Russian Youth Theatre
- Interactive map of Russian Youth Theatre
- Address: Toronto Canada
- Coordinates: 43°46′21″N 79°28′23″W﻿ / ﻿43.77246°N 79.47300°W

Construction
- Opened: 1999
- Years active: 1999-ongoing

Website
- www.rctcc.ca

= Russian Youth Theatre =

Russian language theatre in Toronto, Canada

Tess Buchatsky as Clara in The Nutcracker, 2010

The Russian Youth Theatre was the first stationary Russian theatre in North America until 2012. Founded in 1999 by operatic bass Nikolay Cherkasov and pianist Andrew Kartuzov, the theatre promotes stage arts within Canada's Russian community with a number of semi-professional productions for all ages. Staged productions include Samuil Marshak's The Cat's Mansion and Twelve Months, Cinderella and The Dragon by Evgeny Shvarts, Town Musicians of Bremen, The Woes of Wit by Aleksander Griboyedov, There Was a War Tomorrow by Boris Vasiliev, Funtik's Adventures, Nikolai Gogol's The Inspector General, The Nutcracker, Pinocchio, Mama, Karlsson-on-the-Roof, Love's Sublimation, Snow White, Cat Leopold New Year Adventures, Love For Three Oranges and many others. Over the years, the Russian Youth Theatre's creative team has included artistic directors Nikolay Cherkasov, Valentina Souetova, and Gennadiy Dolganov, music director Andrew Kartuzov, choreographer Ekaterina Kornienkova, and costume designers Ekaterina Maryevych and Inessa Gorina.

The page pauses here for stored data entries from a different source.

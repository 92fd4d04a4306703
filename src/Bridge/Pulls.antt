-- ===== src/Bridge/Pulls.antt =====
-- What a pull cycle does to the route table: lookups only.
use amail_bridge.Common.{
  ℕ, ◌-◌, ◌≡◌, refl, sym, Bool, true, false, Option, none, some, List, [], ◌∷◌, ltb, Bool-cases,
  Option-cases, inl, inr, if◌then◌else◌,
}
use mathlib.Core.Path.{subst}
use amail_bridge.Std.Text.{Text}
use amail_bridge.Std.Dict
use amail_bridge.Std.Int.{ℤ, int_eq}
use amail_bridge.Config.{PullSystemConfig}
use amail_bridge.Router.Table.{Crates, ProfileRouter}
use amail_bridge.Router.Steps.{Reachable, next, looks}
use amail_bridge.Pull.Forward.{
  Outside, BatchDelivery, PendingBatch, Progress, forward, check_seen, deliver, run_deliveries,
  run_batches, seen_ttl,
}
use amail_bridge.Pull.{PullState, Cycle, sleep, stop, work, acknowledge, after_fetch, cycle}
use amail_bridge.Pull.Ack.{run_batches-some, run_batches-none}
use amail_bridge.Pull.Complete.{forward_along-router}

module _ (C : Crates) (O : Outside) where
  -- The table that a cycle leaves.
  abbrev pub router_after : Cycle C O → ProfileRouter C.Regex
  router_after (sleep secs s) = s.router
  router_after (stop s) = s.router

  abbrev Good : Progress C O → Type 0
  Good p = Reachable C p.router

  forward-Good :
      (body : Text) (d : BatchDelivery C O) (p : Progress C O)
      → Good p
      → Good (forward C O body d p)
  unfolding forward
  forward-Good body d p h =
      subst (Reachable C) (sym (forward_along-router C O body d _ _))
        (next h (looks d.email p.router))

  check_seen-Good :
      (body : Text) (d : BatchDelivery C O) (o : Option ℕ) (p : Progress C O)
      → Good p
      → Good (check_seen C O body d o p)
  unfolding check_seen
  check_seen-Good body d none p h = forward-Good body d p h
  check_seen-Good body d (some t) p h =
      elim (Bool-cases (ltb ((O.instant p.world).0 - t) seen_ttl)) [
        | inl fresh ↦ rw fresh h
        | inr stale ↦ rw stale (forward-Good body d _ h)
      ]

  run_deliveries-Good :
      (body : Text) (ds : List (BatchDelivery C O)) (p : Progress C O)
      → Good p
      → Good (run_deliveries C O body ds p)
  unfolding run_deliveries deliver
  run_deliveries-Good body [] p h = h
  run_deliveries-Good body (d ∷ ds) p h =
      run_deliveries-Good body ds _ (check_seen-Good body d (Dict.get d.id p.seen) p h)

  run_batches-Good :
      (bs : List (PendingBatch C O)) (p : Progress C O) → Good p → Good (run_batches C O bs p).1
  run_batches-Good [] p h = unfold run_batches in h
  run_batches-Good (b ∷ bs) p h = elim (Option-cases (O.to_vec b.body)) [
    | inl e ↦ rw (run_batches-none C O b bs p e) h
    | inr (body, e) ↦
        rw (run_batches-some C O b bs p body e)
          (run_batches-Good bs _ (run_deliveries-Good body b.deliveries p h))
  ]

  acknowledge-router :
      (cfg : PullSystemConfig) (ids : List ℤ) (s : PullState C O)
      → (acknowledge C O cfg ids s).router ≡ s.router
  unfolding acknowledge
  acknowledge-router cfg [] s = refl
  acknowledge-router cfg (id ∷ ids) s = refl

  router_after-if :
      (complete : Bool) (secs : ℕ) (s t : PullState C O)
      → Reachable C s.router
      → Reachable C t.router
      → Reachable C (router_after (if complete then sleep secs s else stop t))
  router_after-if true secs s t hs ht = hs
  router_after-if false secs s t hs ht = ht

  work-Reachable :
      (cfg : PullSystemConfig) (bs : List (PendingBatch C O)) (s : PullState C O)
      → Reachable C s.router
      → Reachable C (router_after (work C O cfg bs s))
  unfolding work
  work-Reachable cfg bs s h =
      let forwarded =
        run_batches-Good bs
          (record {
            seen = s.seen;
            router = s.router;
            world = s.world;
            ack_ids = [];
            forwarded_emails = [];
          })
          h in
      router_after-if _ _ _ _ (subst (Reachable C) (sym (acknowledge-router cfg _ _)) forwarded)
        forwarded

  after_fetch-Reachable :
      (cfg : PullSystemConfig) (o : Option (List (PendingBatch C O))) (s : PullState C O)
      → Reachable C s.router
      → Reachable C (router_after (after_fetch C O cfg o s))
  unfolding after_fetch
  after_fetch-Reachable cfg none s h = h
  after_fetch-Reachable cfg (some bs) s h = work-Reachable cfg bs s h

  pub cycle-Reachable :
      (cfg : PullSystemConfig) (shutdown : Bool) (s : PullState C O)
      → Reachable C s.router
      → Reachable C (router_after (cycle C O cfg shutdown s))
  unfolding cycle
  cycle-Reachable cfg true s h = h
  cycle-Reachable cfg false s h = after_fetch-Reachable cfg _ _ h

==Awards and recognition==
The Russian Youth Theatre has received various local cultural development awards, among which was the recent 2013 Prestige Toronto prize.

Between 2009–2010, the Russian Youth Theatre presented its most distinguished actors with a merit-based award. Its purpose was to recognize the excellent performances of its recipients and to celebrate their onstage achievements. The winners of the award were Elena Hasnash, Alexey Osipov, Dasha Bosaya, Nick Newcastle, Joseph Buchatsky, and Nikita Talerchik.

==Wit Works Woe==
In 2009, the Russian Youth Theatre filmed the production of Wit Works Woe by Aleksander Griboyedov, in collaboration with the NTV Canada channel. The film was broadcast on television in 2010.

==Revival Dance Ensemble==
The Revival Dance Ensemble was established in 2002 under the Russian Youth Theatre by choreographer Ekaterina Kornienkova. Based in Toronto, Revival presents a full range of dance styles of different cultures. The ensemble makes regular appearances at the Canadian National Exhibition, the Four Seasons Centre for the Performing Arts, the Folklorama Festival, the Matryoshka Festival, and other important locations and events.